WHAT THIS TASK INVOLVES
For this exercise, transcribe all of the entries exactly.
======== DATA FOR THE TASK
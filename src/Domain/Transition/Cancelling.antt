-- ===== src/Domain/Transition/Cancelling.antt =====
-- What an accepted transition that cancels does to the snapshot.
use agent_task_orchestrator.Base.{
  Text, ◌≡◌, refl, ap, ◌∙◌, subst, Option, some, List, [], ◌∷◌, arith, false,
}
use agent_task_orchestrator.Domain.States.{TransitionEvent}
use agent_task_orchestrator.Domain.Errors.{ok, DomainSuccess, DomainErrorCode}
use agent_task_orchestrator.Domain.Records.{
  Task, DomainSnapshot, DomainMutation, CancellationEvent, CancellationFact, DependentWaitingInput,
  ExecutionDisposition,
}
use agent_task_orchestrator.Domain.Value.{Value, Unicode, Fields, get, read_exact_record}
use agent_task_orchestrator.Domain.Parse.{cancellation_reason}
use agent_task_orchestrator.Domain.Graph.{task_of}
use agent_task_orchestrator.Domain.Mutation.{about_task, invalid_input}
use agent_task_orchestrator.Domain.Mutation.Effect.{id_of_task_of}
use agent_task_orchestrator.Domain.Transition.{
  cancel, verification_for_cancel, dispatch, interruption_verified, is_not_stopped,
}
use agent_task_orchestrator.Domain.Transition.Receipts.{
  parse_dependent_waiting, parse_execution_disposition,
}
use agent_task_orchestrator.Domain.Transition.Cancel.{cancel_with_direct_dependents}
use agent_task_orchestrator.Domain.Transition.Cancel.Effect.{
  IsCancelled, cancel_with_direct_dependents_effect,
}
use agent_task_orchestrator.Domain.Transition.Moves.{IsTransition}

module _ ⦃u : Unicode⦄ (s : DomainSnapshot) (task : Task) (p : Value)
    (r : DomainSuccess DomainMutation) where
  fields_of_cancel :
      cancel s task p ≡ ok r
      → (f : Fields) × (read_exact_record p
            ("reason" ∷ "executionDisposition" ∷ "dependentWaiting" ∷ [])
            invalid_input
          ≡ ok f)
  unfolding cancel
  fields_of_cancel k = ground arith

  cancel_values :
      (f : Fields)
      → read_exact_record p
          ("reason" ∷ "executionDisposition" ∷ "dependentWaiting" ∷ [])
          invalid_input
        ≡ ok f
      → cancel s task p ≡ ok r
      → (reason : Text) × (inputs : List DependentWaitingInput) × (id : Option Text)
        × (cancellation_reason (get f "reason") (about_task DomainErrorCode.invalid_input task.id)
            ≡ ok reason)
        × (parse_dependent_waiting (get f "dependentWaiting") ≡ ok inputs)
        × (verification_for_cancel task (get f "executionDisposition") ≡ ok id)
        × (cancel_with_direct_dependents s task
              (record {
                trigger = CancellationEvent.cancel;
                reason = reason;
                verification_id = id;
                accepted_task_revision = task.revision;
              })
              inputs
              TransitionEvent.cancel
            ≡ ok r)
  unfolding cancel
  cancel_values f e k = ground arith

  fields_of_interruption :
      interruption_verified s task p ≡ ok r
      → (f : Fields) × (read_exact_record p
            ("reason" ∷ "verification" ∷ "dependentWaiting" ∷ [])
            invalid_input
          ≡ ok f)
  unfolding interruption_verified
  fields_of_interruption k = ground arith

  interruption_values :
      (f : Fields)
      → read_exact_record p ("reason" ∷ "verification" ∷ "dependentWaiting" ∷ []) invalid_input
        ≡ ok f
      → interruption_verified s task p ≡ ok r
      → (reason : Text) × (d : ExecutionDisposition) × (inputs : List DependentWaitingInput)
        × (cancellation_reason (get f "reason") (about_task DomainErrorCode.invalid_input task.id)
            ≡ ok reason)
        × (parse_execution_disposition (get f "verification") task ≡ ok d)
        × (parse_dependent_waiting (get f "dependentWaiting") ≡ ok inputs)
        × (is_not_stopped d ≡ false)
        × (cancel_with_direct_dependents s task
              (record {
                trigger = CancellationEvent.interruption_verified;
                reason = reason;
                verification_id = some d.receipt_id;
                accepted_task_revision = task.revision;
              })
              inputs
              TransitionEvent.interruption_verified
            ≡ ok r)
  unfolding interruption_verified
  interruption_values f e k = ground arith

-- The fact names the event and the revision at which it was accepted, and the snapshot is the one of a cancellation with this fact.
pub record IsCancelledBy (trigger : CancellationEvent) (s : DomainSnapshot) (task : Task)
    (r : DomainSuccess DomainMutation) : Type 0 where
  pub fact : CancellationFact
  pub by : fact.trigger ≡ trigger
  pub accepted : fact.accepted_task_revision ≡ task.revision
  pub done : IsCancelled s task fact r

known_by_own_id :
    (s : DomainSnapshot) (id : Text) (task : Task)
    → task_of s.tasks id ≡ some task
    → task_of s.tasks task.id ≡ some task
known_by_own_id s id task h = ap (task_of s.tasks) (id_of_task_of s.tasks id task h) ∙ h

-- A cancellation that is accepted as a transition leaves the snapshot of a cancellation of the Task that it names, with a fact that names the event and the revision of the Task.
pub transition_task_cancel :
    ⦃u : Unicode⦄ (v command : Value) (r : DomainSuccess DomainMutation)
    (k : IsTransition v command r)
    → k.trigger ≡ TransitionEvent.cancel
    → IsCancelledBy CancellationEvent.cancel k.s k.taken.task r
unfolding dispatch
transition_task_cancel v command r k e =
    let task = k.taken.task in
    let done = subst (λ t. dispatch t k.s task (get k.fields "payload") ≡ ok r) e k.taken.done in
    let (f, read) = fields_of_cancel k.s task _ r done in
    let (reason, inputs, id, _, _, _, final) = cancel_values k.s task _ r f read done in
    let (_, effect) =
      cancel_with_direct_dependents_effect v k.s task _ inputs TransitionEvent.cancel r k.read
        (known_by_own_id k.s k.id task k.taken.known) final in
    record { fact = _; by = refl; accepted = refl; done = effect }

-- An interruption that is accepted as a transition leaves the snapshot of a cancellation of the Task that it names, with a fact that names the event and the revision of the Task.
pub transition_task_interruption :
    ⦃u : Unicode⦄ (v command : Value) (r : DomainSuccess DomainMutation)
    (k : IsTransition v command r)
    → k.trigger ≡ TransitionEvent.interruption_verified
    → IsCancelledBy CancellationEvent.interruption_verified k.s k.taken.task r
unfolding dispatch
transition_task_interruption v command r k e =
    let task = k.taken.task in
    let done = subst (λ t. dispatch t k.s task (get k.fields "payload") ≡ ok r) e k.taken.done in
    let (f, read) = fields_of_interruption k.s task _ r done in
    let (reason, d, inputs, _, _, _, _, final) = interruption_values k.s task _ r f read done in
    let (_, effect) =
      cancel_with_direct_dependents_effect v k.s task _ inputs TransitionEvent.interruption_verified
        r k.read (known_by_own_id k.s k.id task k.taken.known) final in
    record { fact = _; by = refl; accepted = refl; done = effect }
================
ANSWER TO THE PROBLEM
filename src/Domain/Transition/Cancelling.antt
-- ===== src/Domain/Transition/Cancelling.antt =====
-- What an accepted transition that cancels does to the snapshot.
use agent_task_orchestrator.Base.{
  Text, ◌≡◌, refl, ap, ◌∙◌, subst, Option, some, List, [], ◌∷◌, arith, false,
}
use agent_task_orchestrator.Domain.States.{TransitionEvent}
use agent_task_orchestrator.Domain.Errors.{ok, DomainSuccess, DomainErrorCode}
use agent_task_orchestrator.Domain.Records.{
  Task, DomainSnapshot, DomainMutation, CancellationEvent, CancellationFact, DependentWaitingInput,
  ExecutionDisposition,
}
use agent_task_orchestrator.Domain.Value.{Value, Unicode, Fields, get, read_exact_record}
use agent_task_orchestrator.Domain.Parse.{cancellation_reason}
use agent_task_orchestrator.Domain.Graph.{task_of}
use agent_task_orchestrator.Domain.Mutation.{about_task, invalid_input}
use agent_task_orchestrator.Domain.Mutation.Effect.{id_of_task_of}
use agent_task_orchestrator.Domain.Transition.{
  cancel, verification_for_cancel, dispatch, interruption_verified, is_not_stopped,
}
use agent_task_orchestrator.Domain.Transition.Receipts.{
  parse_dependent_waiting, parse_execution_disposition,
}
use agent_task_orchestrator.Domain.Transition.Cancel.{cancel_with_direct_dependents}
use agent_task_orchestrator.Domain.Transition.Cancel.Effect.{
  IsCancelled, cancel_with_direct_dependents_effect,
}
use agent_task_orchestrator.Domain.Transition.Moves.{IsTransition}

module _ ⦃u : Unicode⦄ (s : DomainSnapshot) (task : Task) (p : Value)
    (r : DomainSuccess DomainMutation) where
  fields_of_cancel :
      cancel s task p ≡ ok r
      → (f : Fields) × (read_exact_record p
            ("reason" ∷ "executionDisposition" ∷ "dependentWaiting" ∷ [])
            invalid_input
          ≡ ok f)
  unfolding cancel
  fields_of_cancel k = ground arith

  cancel_values :
      (f : Fields)
      → read_exact_record p
          ("reason" ∷ "executionDisposition" ∷ "dependentWaiting" ∷ [])
          invalid_input
        ≡ ok f
      → cancel s task p ≡ ok r
      → (reason : Text) × (inputs : List DependentWaitingInput) × (id : Option Text)
        × (cancellation_reason (get f "reason") (about_task DomainErrorCode.invalid_input task.id)
            ≡ ok reason)
        × (parse_dependent_waiting (get f "dependentWaiting") ≡ ok inputs)
        × (verification_for_cancel task (get f "executionDisposition") ≡ ok id)
        × (cancel_with_direct_dependents s task
              (record {
                trigger = CancellationEvent.cancel;
                reason = reason;
                verification_id = id;
                accepted_task_revision = task.revision;
              })
              inputs
              TransitionEvent.cancel
            ≡ ok r)
  unfolding cancel
  cancel_values f e k = ground arith

  fields_of_interruption :
      interruption_verified s task p ≡ ok r
      → (f : Fields) × (read_exact_record p
            ("reason" ∷ "verification" ∷ "dependentWaiting" ∷ [])
            invalid_input
          ≡ ok f)
  unfolding interruption_verified
  fields_of_interruption k = ground arith

  interruption_values :
      (f : Fields)
      → read_exact_record p ("reason" ∷ "verification" ∷ "dependentWaiting" ∷ []) invalid_input
        ≡ ok f
      → interruption_verified s task p ≡ ok r
      → (reason : Text) × (d : ExecutionDisposition) × (inputs : List DependentWaitingInput)
        × (cancellation_reason (get f "reason") (about_task DomainErrorCode.invalid_input task.id)
            ≡ ok reason)
        × (parse_execution_disposition (get f "verification") task ≡ ok d)
        × (parse_dependent_waiting (get f "dependentWaiting") ≡ ok inputs)
        × (is_not_stopped d ≡ false)
        × (cancel_with_direct_dependents s task
              (record {
                trigger = CancellationEvent.interruption_verified;
                reason = reason;
                verification_id = some d.receipt_id;
                accepted_task_revision = task.revision;
              })
              inputs
              TransitionEvent.interruption_verified
            ≡ ok r)
  unfolding interruption_verified
  interruption_values f e k = ground arith

-- The fact names the event and the revision at which it was accepted, and the snapshot is the one of a cancellation with this fact.
pub record IsCancelledBy (trigger : CancellationEvent) (s : DomainSnapshot) (task : Task)
    (r : DomainSuccess DomainMutation) : Type 0 where
  pub fact : CancellationFact
  pub by : fact.trigger ≡ trigger
  pub accepted : fact.accepted_task_revision ≡ task.revision
  pub done : IsCancelled s task fact r

known_by_own_id :
    (s : DomainSnapshot) (id : Text) (task : Task)
    → task_of s.tasks id ≡ some task
    → task_of s.tasks task.id ≡ some task
known_by_own_id s id task h = ap (task_of s.tasks) (id_of_task_of s.tasks id task h) ∙ h

-- A cancellation that is accepted as a transition leaves the snapshot of a cancellation of the Task that it names, with a fact that names the event and the revision of the Task.
pub transition_task_cancel :
    ⦃u : Unicode⦄ (v command : Value) (r : DomainSuccess DomainMutation)
    (k : IsTransition v command r)
    → k.trigger ≡ TransitionEvent.cancel
    → IsCancelledBy CancellationEvent.cancel k.s k.taken.task r
unfolding dispatch
transition_task_cancel v command r k e =
    let task = k.taken.task in
    let done = subst (λ t. dispatch t k.s task (get k.fields "payload") ≡ ok r) e k.taken.done in
    let (f, read) = fields_of_cancel k.s task _ r done in
    let (reason, inputs, id, _, _, _, final) = cancel_values k.s task _ r f read done in
    let (_, effect) =
      cancel_with_direct_dependents_effect v k.s task _ inputs TransitionEvent.cancel r k.read
        (known_by_own_id k.s k.id task k.taken.known) final in
    record { fact = _; by = refl; accepted = refl; done = effect }

-- An interruption that is accepted as a transition leaves the snapshot of a cancellation of the Task that it names, with a fact that names the event and the revision of the Task.
pub transition_task_interruption :
    ⦃u : Unicode⦄ (v command : Value) (r : DomainSuccess DomainMutation)
    (k : IsTransition v command r)
    → k.trigger ≡ TransitionEvent.interruption_verified
    → IsCancelledBy CancellationEvent.interruption_verified k.s k.taken.task r
unfolding dispatch
transition_task_interruption v command r k e =
    let task = k.taken.task in
    let done = subst (λ t. dispatch t k.s task (get k.fields "payload") ≡ ok r) e k.taken.done in
    let (f, read) = fields_of_interruption k.s task _ r done in
    let (reason, d, inputs, _, _, _, _, final) = interruption_values k.s task _ r f read done in
    let (_, effect) =
      cancel_with_direct_dependents_effect v k.s task _ inputs TransitionEvent.interruption_verified
        r k.read (known_by_own_id k.s k.id task k.taken.known) final in
    record { fact = _; by = refl; accepted = refl; done = effect }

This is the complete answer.